- PROBLEM TO WORK ON: Below are the entries; give again exactly the lines from the one mentioning "subst (λ l. History" through the one mentioning "plan_events-History es (plan_event", inclusive.

- INFORMATION GIVEN:
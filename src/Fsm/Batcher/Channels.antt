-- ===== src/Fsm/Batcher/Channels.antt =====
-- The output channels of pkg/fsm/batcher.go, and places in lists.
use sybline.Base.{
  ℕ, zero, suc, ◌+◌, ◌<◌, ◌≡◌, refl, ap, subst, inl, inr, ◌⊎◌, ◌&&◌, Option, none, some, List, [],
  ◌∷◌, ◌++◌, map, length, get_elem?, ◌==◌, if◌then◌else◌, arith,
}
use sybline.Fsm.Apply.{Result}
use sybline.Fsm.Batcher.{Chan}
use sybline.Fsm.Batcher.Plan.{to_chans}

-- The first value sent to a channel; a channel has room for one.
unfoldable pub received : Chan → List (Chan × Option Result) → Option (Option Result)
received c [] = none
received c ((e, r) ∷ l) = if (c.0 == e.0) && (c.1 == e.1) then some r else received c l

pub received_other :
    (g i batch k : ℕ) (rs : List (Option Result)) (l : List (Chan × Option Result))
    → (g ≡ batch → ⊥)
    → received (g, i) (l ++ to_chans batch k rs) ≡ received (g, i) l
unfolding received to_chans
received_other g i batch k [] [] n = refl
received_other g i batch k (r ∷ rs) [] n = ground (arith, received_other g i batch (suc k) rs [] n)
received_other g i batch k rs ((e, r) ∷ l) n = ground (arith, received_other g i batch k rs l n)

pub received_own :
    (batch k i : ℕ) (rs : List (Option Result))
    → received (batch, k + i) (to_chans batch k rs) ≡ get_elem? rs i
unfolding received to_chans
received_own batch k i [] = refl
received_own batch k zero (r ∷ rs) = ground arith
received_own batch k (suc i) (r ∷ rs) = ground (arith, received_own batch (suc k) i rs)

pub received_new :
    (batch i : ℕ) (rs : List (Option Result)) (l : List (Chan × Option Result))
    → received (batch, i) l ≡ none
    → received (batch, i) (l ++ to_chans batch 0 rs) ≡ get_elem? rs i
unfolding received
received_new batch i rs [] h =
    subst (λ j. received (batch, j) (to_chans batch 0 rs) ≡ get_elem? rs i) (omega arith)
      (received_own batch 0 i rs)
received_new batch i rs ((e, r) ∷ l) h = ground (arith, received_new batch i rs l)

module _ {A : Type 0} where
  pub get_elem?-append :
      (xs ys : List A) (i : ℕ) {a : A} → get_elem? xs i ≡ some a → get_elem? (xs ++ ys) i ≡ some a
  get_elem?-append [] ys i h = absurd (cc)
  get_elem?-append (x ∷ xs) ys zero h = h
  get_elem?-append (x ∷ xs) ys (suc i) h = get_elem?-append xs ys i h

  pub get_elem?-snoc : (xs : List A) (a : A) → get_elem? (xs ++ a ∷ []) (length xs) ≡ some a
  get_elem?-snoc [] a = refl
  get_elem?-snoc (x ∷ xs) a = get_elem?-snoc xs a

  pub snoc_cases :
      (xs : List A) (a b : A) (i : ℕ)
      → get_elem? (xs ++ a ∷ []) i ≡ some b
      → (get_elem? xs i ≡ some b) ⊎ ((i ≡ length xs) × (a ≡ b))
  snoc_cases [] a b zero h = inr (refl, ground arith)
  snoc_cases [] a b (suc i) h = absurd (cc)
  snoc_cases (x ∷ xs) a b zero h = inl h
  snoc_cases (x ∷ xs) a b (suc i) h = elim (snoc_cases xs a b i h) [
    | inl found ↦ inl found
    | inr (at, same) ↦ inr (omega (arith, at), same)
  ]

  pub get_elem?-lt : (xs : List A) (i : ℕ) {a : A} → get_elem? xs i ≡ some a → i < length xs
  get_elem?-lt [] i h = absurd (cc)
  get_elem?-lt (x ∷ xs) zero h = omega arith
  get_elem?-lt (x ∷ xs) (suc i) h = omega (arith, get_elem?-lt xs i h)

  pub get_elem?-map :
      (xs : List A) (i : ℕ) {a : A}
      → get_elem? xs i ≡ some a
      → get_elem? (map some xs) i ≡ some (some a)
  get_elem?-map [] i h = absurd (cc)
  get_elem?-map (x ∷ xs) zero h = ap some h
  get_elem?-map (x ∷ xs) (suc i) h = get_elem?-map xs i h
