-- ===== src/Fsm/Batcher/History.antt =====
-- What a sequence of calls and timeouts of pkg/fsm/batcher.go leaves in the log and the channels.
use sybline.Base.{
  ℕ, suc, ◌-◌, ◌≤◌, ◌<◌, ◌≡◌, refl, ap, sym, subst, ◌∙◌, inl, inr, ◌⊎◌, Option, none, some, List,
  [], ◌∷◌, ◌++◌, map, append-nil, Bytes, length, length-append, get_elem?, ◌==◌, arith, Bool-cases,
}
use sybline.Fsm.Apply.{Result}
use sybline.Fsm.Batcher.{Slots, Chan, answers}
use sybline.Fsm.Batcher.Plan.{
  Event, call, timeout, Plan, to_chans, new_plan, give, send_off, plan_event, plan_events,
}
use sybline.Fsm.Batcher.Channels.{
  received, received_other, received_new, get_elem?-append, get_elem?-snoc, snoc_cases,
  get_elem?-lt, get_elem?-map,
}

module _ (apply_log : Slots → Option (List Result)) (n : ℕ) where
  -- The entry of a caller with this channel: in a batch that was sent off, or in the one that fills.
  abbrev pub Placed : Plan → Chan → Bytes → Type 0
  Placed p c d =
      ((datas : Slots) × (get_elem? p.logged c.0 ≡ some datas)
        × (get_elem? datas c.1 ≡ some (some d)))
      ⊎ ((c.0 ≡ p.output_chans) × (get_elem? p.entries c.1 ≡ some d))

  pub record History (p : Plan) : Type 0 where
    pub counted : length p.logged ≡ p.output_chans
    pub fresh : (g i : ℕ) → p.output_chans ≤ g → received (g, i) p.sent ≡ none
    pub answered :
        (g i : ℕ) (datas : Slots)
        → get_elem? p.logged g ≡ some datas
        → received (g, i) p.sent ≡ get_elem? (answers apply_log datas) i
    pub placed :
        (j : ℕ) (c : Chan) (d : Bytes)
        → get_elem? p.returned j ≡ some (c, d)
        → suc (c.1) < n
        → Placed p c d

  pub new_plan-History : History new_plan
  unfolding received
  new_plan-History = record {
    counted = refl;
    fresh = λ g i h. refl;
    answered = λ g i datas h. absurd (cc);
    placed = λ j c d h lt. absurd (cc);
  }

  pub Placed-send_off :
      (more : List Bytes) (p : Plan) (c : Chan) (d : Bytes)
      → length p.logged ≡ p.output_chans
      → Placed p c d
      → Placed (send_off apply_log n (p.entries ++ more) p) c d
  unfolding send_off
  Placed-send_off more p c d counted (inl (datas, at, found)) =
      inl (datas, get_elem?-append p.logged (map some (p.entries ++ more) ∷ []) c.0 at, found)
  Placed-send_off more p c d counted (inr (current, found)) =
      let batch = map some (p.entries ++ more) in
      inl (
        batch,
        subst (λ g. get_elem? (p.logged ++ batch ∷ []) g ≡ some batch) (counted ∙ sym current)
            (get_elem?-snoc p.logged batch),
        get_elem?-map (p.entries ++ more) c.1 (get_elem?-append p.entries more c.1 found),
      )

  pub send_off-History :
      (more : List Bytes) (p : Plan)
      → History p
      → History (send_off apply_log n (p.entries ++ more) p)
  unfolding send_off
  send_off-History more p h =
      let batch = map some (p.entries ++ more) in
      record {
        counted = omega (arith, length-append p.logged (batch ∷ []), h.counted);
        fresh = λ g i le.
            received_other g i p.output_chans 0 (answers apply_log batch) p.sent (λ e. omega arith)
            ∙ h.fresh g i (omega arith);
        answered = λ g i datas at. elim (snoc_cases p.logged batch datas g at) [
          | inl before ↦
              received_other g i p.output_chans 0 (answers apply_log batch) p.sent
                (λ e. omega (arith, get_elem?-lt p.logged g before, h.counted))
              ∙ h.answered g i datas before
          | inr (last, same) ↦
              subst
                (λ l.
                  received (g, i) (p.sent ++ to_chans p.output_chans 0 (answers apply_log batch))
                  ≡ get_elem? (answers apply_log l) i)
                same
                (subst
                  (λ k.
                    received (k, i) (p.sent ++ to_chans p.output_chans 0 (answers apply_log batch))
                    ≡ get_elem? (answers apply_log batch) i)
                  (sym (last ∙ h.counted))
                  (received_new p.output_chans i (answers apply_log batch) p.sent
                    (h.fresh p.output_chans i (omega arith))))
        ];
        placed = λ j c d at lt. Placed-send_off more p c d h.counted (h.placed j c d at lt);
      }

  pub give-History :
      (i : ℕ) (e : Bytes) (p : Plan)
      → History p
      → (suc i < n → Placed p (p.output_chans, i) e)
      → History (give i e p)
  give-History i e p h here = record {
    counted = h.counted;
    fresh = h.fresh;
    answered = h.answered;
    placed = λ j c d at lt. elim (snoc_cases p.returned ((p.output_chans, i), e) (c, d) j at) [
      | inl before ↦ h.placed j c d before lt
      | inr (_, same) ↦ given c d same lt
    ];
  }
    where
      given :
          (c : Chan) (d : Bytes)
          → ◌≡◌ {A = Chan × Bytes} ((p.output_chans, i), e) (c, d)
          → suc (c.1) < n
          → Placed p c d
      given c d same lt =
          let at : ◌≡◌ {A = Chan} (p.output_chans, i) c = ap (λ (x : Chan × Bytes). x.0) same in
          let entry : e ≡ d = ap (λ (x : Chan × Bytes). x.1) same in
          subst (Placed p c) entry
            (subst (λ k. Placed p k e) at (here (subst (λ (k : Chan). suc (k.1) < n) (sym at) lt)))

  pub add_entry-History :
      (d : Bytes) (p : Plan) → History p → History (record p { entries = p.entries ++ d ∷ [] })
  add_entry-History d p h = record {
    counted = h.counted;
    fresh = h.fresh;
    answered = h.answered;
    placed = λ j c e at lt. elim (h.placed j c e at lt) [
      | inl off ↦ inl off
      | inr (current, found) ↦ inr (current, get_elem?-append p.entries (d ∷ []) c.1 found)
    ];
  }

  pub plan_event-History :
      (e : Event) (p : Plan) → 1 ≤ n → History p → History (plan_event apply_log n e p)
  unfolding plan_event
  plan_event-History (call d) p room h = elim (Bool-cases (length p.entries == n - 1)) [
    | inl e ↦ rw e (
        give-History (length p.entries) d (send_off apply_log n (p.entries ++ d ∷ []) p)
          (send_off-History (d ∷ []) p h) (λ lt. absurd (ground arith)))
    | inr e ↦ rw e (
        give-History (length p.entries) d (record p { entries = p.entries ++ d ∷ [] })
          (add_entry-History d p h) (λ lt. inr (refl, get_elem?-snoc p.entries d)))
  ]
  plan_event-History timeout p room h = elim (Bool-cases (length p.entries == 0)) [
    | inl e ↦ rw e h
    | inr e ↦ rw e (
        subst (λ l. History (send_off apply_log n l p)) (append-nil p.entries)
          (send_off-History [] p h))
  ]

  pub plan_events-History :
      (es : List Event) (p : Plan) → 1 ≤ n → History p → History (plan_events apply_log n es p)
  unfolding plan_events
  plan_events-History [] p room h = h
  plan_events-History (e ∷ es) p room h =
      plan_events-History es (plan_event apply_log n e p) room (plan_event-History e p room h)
--
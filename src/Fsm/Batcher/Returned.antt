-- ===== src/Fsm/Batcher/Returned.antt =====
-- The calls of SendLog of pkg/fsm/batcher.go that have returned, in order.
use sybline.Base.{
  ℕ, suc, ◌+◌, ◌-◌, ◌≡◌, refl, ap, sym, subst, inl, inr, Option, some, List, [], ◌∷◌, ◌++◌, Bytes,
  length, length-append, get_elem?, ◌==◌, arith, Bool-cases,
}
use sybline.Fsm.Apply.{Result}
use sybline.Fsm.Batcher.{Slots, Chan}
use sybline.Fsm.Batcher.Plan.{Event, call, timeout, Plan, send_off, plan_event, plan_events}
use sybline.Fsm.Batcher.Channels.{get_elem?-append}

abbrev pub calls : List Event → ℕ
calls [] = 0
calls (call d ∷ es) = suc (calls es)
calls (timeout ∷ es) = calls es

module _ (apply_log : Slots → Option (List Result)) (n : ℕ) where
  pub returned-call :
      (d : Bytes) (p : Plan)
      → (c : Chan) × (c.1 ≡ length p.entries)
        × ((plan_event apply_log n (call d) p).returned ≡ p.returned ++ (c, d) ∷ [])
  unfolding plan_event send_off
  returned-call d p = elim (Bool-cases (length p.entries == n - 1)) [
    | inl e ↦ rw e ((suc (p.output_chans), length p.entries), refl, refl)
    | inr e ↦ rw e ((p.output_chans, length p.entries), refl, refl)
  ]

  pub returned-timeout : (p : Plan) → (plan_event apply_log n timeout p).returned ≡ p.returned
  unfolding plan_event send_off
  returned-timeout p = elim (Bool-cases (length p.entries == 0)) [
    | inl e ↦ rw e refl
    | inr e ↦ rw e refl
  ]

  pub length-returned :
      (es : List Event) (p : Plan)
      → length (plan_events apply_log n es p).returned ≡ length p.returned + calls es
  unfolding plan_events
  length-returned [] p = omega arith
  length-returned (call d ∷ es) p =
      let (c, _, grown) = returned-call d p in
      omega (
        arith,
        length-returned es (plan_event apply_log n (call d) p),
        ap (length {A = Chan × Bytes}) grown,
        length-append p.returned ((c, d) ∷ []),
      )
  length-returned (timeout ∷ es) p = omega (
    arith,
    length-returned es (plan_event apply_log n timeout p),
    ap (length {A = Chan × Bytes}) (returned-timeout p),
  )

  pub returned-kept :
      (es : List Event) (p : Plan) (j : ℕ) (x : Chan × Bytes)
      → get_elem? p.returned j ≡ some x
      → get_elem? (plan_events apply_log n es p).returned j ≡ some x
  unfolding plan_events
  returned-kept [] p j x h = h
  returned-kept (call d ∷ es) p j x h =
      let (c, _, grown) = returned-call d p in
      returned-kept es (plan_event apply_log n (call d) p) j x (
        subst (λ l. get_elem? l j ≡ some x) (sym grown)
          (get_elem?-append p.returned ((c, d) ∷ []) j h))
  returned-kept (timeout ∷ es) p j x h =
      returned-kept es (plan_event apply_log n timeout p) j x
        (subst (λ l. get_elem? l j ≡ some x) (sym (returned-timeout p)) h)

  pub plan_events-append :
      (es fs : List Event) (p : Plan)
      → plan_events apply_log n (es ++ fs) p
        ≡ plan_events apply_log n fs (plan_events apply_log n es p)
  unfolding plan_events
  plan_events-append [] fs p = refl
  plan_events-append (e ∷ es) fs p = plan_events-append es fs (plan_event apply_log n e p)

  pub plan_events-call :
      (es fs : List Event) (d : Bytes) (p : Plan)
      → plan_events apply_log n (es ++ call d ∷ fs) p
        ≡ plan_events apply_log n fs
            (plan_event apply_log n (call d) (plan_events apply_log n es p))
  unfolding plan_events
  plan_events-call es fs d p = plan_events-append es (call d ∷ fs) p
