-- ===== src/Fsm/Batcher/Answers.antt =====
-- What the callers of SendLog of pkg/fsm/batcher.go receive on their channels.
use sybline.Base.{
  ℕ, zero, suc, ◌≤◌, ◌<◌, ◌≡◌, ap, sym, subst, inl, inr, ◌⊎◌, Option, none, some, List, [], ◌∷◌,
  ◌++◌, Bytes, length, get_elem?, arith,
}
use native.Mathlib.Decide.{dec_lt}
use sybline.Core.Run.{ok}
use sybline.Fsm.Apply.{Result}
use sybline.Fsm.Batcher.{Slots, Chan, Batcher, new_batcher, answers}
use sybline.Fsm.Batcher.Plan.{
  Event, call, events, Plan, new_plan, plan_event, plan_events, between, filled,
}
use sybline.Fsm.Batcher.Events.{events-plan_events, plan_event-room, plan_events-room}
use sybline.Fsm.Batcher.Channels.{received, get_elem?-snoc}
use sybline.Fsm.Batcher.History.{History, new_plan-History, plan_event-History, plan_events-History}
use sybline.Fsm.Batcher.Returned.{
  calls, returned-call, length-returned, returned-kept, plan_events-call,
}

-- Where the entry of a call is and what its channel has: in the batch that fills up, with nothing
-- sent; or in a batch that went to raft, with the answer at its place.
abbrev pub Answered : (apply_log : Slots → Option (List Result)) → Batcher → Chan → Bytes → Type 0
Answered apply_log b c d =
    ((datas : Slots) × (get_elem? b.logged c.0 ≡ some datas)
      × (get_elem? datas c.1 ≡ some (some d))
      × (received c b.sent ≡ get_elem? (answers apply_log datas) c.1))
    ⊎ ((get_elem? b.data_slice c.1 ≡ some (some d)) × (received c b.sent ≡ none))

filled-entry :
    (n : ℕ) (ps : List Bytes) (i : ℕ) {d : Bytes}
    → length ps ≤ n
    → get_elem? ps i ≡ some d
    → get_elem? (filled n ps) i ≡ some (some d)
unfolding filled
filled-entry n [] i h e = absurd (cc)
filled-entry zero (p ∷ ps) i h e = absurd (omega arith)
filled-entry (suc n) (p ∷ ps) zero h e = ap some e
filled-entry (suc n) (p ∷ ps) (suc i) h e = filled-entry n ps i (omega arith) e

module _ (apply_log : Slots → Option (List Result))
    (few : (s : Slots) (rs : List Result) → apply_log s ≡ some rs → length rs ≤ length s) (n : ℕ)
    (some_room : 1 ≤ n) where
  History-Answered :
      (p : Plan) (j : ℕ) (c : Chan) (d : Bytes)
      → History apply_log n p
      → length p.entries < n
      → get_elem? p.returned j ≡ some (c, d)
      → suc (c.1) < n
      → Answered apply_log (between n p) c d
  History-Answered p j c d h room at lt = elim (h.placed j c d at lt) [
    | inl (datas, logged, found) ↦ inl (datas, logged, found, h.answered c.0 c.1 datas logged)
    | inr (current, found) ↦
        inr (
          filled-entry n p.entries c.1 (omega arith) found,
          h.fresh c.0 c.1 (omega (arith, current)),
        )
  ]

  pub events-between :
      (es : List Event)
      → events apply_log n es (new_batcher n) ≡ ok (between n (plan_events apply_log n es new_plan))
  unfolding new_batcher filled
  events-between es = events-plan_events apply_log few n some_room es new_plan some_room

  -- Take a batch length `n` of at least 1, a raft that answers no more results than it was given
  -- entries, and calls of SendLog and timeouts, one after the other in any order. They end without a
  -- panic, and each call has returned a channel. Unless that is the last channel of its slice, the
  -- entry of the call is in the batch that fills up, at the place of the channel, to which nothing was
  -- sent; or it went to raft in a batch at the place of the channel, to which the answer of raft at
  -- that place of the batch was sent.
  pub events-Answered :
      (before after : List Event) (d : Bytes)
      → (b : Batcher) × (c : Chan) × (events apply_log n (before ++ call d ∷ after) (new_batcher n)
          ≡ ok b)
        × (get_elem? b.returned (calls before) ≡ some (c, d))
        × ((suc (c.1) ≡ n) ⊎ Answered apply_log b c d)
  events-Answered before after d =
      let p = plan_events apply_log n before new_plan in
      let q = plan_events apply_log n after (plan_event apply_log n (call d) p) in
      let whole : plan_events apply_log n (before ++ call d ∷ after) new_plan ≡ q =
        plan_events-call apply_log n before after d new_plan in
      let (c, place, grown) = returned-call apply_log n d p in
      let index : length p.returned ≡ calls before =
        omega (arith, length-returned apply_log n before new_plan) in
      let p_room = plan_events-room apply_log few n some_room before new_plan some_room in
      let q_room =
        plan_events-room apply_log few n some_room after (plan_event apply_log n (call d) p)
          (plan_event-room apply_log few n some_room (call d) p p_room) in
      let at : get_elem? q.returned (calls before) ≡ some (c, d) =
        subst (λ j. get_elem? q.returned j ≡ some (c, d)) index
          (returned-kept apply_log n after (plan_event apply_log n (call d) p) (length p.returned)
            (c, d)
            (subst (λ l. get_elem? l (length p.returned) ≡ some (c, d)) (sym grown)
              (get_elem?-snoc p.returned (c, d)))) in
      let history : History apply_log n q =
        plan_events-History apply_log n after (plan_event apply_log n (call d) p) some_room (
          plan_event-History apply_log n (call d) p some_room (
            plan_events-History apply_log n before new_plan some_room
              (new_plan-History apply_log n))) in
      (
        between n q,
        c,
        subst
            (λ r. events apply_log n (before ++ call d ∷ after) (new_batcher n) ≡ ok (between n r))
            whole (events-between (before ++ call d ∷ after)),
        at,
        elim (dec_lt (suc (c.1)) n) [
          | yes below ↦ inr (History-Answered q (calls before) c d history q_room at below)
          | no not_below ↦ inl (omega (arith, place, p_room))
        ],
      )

- RESPONSE:
        subst (λ l. History (send_off apply_log n l p)) (append-nil p.entries)
          (send_off-History [] p h))
  ]

  pub plan_events-History :
      (es : List Event) (p : Plan) → 1 ≤ n → History p → History (plan_events apply_log n es p)
  unfolding plan_events
  plan_events-History [] p room h = h
  plan_events-History (e ∷ es) p room h =
      plan_events-History es (plan_event apply_log n e p) room (plan_event-History e p room h)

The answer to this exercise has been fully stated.